*** Begin section ***
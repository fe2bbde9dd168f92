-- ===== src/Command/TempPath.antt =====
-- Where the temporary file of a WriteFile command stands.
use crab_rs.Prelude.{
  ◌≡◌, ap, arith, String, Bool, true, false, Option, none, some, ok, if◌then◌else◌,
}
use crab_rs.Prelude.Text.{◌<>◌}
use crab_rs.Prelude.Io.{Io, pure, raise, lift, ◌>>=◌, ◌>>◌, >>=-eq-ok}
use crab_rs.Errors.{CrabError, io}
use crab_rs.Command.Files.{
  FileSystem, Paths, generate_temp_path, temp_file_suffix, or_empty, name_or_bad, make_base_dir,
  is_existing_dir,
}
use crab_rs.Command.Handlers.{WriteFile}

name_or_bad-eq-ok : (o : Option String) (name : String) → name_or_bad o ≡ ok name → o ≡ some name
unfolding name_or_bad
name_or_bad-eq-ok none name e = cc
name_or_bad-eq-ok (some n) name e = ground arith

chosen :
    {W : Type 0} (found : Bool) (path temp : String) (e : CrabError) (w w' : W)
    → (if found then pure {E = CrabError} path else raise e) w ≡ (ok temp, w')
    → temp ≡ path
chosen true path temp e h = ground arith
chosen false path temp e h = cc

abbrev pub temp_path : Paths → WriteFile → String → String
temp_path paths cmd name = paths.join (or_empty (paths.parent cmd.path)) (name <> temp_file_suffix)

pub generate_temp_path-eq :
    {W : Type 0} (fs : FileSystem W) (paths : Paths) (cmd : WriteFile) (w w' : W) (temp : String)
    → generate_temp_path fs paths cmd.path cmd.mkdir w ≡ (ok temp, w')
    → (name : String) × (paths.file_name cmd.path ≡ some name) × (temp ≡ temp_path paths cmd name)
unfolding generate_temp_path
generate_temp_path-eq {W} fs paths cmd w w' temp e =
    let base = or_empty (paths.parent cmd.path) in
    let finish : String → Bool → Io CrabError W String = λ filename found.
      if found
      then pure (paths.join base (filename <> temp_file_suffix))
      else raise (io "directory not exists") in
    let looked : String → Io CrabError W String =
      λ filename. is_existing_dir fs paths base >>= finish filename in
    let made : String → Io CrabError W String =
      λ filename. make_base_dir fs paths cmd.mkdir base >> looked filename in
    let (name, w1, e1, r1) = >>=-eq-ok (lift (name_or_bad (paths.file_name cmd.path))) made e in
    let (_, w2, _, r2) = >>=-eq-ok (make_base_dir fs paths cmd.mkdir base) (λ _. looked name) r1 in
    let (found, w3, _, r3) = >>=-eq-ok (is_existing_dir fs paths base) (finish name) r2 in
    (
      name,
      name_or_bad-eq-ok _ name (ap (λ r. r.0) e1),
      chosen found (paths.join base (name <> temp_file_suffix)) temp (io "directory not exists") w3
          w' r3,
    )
*** End section ***
*** Begin section ***
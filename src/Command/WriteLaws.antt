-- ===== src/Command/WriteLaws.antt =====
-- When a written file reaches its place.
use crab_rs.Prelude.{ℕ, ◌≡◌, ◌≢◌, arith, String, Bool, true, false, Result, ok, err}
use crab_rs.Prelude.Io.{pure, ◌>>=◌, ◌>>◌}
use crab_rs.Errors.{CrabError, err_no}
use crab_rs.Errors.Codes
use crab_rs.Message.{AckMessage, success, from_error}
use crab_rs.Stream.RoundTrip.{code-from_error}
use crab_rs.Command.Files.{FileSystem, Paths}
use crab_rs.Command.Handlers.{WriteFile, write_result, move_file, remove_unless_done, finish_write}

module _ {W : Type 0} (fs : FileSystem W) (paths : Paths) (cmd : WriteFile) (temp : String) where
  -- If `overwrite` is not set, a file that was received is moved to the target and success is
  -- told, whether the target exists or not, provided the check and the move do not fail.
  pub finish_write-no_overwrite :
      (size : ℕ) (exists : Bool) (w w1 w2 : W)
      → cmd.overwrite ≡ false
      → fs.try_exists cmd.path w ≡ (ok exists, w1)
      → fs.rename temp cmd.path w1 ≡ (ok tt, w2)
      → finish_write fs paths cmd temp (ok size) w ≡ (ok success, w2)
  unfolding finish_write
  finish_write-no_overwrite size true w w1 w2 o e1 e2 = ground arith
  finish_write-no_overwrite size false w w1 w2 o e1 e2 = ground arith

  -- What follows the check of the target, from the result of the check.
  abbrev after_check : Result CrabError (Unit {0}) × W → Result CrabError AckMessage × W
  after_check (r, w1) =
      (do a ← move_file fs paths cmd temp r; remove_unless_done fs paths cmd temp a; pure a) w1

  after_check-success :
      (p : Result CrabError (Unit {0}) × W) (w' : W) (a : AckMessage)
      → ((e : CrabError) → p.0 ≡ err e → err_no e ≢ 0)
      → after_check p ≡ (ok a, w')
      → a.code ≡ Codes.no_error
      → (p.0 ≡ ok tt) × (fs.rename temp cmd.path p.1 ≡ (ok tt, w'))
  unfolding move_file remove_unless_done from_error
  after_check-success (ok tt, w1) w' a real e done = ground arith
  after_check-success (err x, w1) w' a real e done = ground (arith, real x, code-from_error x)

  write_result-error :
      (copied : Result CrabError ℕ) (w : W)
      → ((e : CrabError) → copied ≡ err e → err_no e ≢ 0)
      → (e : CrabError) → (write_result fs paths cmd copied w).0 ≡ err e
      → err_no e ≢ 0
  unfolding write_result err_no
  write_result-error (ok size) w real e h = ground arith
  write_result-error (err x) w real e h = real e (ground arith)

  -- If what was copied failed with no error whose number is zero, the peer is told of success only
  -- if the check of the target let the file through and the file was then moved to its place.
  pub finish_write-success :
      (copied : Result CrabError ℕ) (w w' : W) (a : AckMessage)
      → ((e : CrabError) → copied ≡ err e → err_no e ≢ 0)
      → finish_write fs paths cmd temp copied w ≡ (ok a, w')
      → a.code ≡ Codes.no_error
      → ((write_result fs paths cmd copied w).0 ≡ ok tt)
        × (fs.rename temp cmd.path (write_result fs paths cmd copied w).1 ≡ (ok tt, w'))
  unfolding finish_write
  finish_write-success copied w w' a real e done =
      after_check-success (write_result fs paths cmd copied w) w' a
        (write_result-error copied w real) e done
*** End section ***
*** Begin section ***
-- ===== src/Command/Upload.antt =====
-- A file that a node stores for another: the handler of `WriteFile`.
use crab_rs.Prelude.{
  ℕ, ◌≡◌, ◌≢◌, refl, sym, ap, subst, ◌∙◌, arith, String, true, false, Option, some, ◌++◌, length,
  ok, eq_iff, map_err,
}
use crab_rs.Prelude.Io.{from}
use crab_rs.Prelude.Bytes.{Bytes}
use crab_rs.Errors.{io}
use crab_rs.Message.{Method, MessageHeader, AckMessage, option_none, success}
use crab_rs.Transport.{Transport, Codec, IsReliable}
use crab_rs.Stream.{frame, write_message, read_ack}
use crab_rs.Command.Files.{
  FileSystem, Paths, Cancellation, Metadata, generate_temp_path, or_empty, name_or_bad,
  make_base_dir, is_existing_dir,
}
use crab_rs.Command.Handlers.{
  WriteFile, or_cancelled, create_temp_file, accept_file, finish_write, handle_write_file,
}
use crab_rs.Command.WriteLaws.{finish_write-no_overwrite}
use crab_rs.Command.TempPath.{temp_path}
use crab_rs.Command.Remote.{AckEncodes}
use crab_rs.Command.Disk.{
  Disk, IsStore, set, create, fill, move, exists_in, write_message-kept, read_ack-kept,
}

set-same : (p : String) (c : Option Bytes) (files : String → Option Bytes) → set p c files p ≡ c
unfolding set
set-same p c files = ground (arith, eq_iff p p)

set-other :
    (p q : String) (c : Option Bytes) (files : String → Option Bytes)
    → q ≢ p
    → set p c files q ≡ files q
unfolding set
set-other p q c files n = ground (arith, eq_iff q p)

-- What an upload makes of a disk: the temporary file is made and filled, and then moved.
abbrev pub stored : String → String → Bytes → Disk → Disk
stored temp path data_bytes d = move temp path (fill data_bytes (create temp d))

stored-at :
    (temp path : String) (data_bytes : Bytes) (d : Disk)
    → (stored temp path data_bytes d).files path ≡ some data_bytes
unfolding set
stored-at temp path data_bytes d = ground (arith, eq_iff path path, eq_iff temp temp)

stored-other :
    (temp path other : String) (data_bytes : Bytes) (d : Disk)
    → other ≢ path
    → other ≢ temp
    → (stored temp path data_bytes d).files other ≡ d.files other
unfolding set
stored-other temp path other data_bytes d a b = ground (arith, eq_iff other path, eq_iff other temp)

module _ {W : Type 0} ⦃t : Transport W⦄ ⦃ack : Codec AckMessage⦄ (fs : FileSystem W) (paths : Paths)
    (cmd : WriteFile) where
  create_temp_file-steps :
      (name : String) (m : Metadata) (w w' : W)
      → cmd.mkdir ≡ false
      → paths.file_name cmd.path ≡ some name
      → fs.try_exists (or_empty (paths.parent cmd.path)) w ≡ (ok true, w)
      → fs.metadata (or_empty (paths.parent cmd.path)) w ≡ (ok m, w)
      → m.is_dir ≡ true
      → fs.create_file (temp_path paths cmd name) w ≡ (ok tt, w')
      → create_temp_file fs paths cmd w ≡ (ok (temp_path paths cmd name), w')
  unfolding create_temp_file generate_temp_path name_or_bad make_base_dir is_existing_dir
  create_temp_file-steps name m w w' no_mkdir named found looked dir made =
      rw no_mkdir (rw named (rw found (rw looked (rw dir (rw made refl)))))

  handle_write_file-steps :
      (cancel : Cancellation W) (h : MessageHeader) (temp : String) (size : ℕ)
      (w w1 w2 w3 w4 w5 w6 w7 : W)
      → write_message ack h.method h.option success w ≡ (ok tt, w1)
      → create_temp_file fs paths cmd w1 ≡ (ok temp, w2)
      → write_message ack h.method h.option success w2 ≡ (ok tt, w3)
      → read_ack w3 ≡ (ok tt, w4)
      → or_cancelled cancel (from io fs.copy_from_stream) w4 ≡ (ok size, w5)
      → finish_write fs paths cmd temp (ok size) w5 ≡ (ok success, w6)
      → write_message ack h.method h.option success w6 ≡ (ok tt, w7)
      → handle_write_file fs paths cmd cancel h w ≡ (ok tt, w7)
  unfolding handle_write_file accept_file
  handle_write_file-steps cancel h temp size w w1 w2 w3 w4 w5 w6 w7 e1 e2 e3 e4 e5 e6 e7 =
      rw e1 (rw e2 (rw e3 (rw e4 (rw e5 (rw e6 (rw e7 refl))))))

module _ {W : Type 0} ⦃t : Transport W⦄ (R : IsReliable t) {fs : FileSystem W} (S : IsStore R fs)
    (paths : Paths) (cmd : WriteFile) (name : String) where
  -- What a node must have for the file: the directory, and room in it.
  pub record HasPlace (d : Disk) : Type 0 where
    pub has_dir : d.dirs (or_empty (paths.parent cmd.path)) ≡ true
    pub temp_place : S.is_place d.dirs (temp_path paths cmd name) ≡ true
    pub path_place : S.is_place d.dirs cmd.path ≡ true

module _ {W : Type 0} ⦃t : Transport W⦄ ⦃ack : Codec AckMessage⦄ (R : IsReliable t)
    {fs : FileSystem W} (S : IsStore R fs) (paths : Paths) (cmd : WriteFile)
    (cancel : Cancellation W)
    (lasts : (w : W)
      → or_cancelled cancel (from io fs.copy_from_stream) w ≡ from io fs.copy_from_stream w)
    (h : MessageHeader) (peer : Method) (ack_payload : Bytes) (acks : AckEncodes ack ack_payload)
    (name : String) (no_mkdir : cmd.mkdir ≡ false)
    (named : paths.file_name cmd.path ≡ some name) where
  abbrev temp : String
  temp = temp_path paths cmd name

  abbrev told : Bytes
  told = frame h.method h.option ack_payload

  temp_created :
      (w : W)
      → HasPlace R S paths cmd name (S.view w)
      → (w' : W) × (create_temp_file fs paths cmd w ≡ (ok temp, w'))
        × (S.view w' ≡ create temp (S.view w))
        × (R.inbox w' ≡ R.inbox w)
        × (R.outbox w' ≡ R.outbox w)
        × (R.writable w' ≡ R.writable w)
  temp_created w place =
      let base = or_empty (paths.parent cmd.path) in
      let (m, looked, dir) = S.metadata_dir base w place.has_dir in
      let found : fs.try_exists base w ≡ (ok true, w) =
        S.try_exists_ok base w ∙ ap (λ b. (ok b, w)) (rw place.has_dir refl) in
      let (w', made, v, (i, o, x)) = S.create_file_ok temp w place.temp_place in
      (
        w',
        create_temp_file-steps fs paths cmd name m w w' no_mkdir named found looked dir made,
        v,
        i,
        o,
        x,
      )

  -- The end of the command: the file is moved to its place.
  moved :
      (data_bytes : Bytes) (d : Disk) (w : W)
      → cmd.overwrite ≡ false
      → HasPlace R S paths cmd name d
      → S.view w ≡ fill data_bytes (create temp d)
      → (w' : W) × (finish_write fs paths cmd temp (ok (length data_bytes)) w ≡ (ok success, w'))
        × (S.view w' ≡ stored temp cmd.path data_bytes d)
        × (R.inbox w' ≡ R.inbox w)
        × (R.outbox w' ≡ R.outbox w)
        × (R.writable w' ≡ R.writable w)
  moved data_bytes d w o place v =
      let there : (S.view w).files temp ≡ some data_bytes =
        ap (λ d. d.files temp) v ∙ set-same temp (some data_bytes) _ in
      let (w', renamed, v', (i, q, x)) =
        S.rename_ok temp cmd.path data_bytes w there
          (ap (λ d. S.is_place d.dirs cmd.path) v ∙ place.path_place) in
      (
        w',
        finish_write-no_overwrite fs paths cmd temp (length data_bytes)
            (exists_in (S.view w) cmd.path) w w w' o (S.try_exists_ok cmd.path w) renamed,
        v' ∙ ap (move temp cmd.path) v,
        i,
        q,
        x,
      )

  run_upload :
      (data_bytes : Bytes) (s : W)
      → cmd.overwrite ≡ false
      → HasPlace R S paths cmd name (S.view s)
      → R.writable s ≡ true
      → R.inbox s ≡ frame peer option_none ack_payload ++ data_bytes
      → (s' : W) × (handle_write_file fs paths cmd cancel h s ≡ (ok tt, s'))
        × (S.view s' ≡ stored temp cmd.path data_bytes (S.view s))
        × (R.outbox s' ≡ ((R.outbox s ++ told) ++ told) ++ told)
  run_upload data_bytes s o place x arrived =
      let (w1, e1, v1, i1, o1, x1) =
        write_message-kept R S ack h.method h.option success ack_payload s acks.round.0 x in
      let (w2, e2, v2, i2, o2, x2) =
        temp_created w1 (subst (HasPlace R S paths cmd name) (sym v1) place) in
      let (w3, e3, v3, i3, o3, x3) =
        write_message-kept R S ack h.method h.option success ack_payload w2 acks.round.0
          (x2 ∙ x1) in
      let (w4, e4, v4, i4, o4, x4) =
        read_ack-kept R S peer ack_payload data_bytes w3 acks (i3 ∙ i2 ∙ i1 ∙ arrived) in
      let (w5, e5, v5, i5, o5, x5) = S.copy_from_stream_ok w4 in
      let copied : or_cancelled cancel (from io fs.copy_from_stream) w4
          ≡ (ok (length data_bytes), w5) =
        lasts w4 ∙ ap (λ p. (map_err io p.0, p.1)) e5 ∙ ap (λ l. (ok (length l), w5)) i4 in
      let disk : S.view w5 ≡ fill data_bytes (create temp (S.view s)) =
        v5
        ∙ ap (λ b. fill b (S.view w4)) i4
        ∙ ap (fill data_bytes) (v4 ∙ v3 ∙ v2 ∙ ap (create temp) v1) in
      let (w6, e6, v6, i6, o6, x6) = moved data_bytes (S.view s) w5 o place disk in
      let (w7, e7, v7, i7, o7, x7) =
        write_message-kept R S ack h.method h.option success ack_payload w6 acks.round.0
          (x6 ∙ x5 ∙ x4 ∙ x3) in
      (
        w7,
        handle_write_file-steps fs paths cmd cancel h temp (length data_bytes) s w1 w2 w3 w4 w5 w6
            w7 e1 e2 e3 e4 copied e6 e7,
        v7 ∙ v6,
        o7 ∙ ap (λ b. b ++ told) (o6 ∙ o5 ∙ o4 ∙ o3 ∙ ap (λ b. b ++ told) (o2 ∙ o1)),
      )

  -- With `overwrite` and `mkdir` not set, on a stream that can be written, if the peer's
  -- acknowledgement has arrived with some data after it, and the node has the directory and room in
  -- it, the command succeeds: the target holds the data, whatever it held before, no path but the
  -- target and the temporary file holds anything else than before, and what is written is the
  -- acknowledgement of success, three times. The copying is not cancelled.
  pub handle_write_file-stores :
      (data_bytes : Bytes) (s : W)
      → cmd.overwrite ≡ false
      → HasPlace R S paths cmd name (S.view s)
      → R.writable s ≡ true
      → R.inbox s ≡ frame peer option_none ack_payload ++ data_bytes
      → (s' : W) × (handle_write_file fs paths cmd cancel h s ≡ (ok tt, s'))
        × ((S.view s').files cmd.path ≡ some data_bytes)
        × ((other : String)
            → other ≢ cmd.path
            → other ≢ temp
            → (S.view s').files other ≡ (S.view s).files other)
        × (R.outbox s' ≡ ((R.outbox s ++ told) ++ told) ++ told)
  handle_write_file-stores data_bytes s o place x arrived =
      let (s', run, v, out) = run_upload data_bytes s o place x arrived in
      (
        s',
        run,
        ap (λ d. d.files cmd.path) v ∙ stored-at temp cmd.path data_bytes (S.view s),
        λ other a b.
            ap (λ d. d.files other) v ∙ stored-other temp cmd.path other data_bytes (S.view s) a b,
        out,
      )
*** End section ***
### [WHAT YOU HAVE TO DO]
This exercise needs every line of the listing that contains the word "found".

### [SOLUTION FOR THIS TASK]
    {W : Type 0} (found : Bool) (path temp : String) (e : CrabError) (w w' : W)
    → (if found then pure {E = CrabError} path else raise e) w ≡ (ok temp, w')
    let finish : String → Bool → Io CrabError W String = λ filename found.
      if found
    let (found, w3, _, r3) = >>=-eq-ok (is_existing_dir fs paths base) (finish name) r2 in
      chosen found (paths.join base (name <> temp_file_suffix)) temp (io "directory not exists") w3
  create_temp_file-steps name m w w' no_mkdir named found looked dir made =
      rw no_mkdir (rw named (rw found (rw looked (rw dir (rw made refl)))))
      let found : fs.try_exists base w ≡ (ok true, w) =
        create_temp_file-steps fs paths cmd name m w w' no_mkdir named found looked dir made,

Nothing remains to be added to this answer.